Collected data entries:
____________
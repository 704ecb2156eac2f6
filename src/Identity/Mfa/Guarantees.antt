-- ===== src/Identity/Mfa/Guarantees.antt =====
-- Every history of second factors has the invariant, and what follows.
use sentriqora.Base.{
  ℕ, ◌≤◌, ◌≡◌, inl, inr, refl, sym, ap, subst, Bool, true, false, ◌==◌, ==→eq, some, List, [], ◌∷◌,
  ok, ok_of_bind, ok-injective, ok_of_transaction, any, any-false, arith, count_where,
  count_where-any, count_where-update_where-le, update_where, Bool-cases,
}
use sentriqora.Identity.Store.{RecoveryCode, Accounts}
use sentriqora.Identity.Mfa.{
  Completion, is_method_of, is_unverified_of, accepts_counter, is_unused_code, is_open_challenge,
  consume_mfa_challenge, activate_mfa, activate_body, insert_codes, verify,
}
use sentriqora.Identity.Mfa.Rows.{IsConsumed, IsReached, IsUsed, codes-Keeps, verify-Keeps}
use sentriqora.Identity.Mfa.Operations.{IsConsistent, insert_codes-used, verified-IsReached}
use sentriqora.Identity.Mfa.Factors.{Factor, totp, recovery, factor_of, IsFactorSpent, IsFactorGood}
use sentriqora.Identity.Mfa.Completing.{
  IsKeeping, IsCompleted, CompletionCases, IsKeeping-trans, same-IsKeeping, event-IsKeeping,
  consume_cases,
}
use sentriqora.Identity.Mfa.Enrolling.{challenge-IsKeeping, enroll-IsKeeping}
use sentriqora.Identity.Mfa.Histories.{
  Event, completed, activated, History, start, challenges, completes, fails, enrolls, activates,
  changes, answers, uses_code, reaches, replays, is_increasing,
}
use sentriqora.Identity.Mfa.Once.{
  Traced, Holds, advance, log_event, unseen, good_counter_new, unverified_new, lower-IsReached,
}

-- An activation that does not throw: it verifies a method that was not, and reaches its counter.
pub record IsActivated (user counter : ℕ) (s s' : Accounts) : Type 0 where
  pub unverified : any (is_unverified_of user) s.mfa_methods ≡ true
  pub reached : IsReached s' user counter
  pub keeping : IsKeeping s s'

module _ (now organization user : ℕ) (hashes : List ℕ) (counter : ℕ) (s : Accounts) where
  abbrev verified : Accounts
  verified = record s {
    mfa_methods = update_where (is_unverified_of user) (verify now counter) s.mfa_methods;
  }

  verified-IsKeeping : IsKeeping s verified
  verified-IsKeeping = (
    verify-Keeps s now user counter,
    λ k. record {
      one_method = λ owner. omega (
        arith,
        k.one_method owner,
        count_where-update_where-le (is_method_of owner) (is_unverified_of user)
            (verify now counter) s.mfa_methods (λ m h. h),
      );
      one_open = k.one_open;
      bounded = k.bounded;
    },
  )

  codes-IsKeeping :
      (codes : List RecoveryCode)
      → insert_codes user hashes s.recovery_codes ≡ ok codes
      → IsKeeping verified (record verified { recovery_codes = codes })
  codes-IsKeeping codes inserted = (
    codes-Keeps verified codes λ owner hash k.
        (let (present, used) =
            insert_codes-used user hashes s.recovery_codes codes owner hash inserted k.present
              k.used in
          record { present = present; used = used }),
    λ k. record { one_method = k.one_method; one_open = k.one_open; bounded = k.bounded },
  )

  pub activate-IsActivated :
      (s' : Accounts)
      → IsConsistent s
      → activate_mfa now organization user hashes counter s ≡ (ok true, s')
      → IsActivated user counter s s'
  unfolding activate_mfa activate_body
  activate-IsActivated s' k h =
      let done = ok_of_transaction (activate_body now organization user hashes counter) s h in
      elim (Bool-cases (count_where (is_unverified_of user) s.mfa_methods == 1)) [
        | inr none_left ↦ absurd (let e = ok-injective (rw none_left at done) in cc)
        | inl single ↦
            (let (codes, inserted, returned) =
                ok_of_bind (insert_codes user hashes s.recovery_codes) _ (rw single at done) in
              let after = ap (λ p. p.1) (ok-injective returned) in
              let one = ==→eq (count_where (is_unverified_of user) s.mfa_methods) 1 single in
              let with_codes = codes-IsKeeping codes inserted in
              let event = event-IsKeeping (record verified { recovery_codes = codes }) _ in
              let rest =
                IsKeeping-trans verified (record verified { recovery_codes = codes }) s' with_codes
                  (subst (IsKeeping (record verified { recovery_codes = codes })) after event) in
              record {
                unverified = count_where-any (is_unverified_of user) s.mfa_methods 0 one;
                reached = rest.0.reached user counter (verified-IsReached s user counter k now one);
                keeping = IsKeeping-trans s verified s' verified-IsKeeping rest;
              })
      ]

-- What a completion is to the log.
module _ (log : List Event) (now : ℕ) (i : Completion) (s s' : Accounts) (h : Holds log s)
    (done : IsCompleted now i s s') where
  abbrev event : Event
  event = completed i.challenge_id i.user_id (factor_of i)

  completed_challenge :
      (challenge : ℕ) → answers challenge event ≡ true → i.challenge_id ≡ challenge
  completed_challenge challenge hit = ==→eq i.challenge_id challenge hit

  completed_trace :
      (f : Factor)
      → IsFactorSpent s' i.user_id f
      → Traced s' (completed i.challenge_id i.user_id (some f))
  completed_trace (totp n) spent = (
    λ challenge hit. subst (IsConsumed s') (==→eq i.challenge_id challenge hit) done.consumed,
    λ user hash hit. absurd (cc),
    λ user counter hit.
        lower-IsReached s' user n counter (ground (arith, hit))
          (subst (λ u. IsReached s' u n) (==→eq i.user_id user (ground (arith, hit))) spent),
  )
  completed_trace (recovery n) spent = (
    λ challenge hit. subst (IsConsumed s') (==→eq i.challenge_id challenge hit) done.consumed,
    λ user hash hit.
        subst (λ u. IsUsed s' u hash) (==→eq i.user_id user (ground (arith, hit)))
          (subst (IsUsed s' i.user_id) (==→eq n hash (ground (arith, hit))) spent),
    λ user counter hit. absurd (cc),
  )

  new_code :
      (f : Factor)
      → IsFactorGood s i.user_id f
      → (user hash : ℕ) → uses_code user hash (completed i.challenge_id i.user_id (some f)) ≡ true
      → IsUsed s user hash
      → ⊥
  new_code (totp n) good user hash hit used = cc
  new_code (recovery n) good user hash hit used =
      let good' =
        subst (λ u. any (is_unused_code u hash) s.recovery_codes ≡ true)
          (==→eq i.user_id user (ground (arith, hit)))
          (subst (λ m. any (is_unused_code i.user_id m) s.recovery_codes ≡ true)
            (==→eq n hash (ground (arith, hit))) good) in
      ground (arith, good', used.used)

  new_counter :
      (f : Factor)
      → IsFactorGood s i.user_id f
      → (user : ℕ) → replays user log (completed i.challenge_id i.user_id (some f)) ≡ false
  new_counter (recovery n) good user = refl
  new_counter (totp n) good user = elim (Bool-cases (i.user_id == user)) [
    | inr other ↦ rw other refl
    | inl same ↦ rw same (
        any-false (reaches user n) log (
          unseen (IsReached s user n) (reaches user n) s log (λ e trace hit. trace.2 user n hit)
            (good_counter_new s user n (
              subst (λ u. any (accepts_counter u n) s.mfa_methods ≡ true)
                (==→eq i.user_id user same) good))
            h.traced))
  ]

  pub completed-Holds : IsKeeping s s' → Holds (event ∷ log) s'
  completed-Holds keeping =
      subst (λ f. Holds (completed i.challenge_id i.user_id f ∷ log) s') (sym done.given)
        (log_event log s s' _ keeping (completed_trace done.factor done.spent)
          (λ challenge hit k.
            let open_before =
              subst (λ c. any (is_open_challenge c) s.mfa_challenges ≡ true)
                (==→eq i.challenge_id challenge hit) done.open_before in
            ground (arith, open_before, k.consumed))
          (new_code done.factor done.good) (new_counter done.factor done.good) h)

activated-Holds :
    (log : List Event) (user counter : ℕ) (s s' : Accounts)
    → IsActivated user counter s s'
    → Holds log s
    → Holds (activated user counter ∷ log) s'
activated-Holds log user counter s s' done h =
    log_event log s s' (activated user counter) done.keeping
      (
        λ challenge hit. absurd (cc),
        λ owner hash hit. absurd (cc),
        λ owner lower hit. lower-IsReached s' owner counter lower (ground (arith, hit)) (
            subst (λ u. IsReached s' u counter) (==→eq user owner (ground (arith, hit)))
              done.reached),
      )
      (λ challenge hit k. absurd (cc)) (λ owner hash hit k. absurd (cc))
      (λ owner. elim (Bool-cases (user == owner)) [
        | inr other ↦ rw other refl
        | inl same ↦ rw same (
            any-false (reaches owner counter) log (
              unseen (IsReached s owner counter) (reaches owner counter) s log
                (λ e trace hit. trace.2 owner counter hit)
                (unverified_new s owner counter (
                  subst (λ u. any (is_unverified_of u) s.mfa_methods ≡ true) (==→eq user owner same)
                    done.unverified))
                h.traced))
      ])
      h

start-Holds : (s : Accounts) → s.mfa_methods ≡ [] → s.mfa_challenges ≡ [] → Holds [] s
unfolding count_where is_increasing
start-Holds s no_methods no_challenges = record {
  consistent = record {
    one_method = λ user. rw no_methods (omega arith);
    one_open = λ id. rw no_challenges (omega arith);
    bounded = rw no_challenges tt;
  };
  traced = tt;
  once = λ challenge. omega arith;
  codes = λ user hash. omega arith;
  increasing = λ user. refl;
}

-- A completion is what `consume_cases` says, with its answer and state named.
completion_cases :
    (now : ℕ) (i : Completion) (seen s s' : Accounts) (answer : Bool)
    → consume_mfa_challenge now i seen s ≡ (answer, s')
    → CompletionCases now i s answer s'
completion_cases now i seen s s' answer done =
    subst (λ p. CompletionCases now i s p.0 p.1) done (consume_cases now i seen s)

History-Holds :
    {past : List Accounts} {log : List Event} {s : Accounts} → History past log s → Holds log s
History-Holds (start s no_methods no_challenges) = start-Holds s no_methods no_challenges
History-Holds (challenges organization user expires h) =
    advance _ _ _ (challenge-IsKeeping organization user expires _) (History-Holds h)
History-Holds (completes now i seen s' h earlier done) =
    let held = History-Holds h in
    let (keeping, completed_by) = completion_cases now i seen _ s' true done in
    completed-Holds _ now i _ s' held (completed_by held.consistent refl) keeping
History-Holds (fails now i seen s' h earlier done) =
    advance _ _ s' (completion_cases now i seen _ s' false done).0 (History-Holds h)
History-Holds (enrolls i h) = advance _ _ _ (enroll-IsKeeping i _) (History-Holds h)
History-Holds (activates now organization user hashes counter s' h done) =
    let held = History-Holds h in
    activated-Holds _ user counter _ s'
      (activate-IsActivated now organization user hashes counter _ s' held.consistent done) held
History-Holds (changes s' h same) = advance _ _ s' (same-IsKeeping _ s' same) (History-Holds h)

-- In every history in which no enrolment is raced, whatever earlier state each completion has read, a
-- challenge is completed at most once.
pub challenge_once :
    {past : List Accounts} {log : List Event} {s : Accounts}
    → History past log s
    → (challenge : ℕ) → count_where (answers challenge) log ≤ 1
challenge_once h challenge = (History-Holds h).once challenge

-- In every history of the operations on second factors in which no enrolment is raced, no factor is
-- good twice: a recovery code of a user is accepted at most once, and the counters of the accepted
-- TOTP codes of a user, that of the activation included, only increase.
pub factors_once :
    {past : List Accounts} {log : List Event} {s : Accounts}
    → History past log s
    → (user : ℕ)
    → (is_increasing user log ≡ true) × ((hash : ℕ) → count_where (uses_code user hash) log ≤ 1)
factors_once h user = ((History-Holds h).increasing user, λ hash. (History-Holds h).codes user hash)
____________
• [Exercise requirements]: Among the lines above, repeat exactly those from the line with "(good_counter_new s user" to the line with "pub completed-Holds : IsKeeping", counting both ends.

• [Task result]:
            (good_counter_new s user n (
              subst (λ u. any (accepts_counter u n) s.mfa_methods ≡ true)
                (==→eq i.user_id user same) good))
            h.traced))
  ]

  pub completed-Holds : IsKeeping s s' → Holds (event ∷ log) s'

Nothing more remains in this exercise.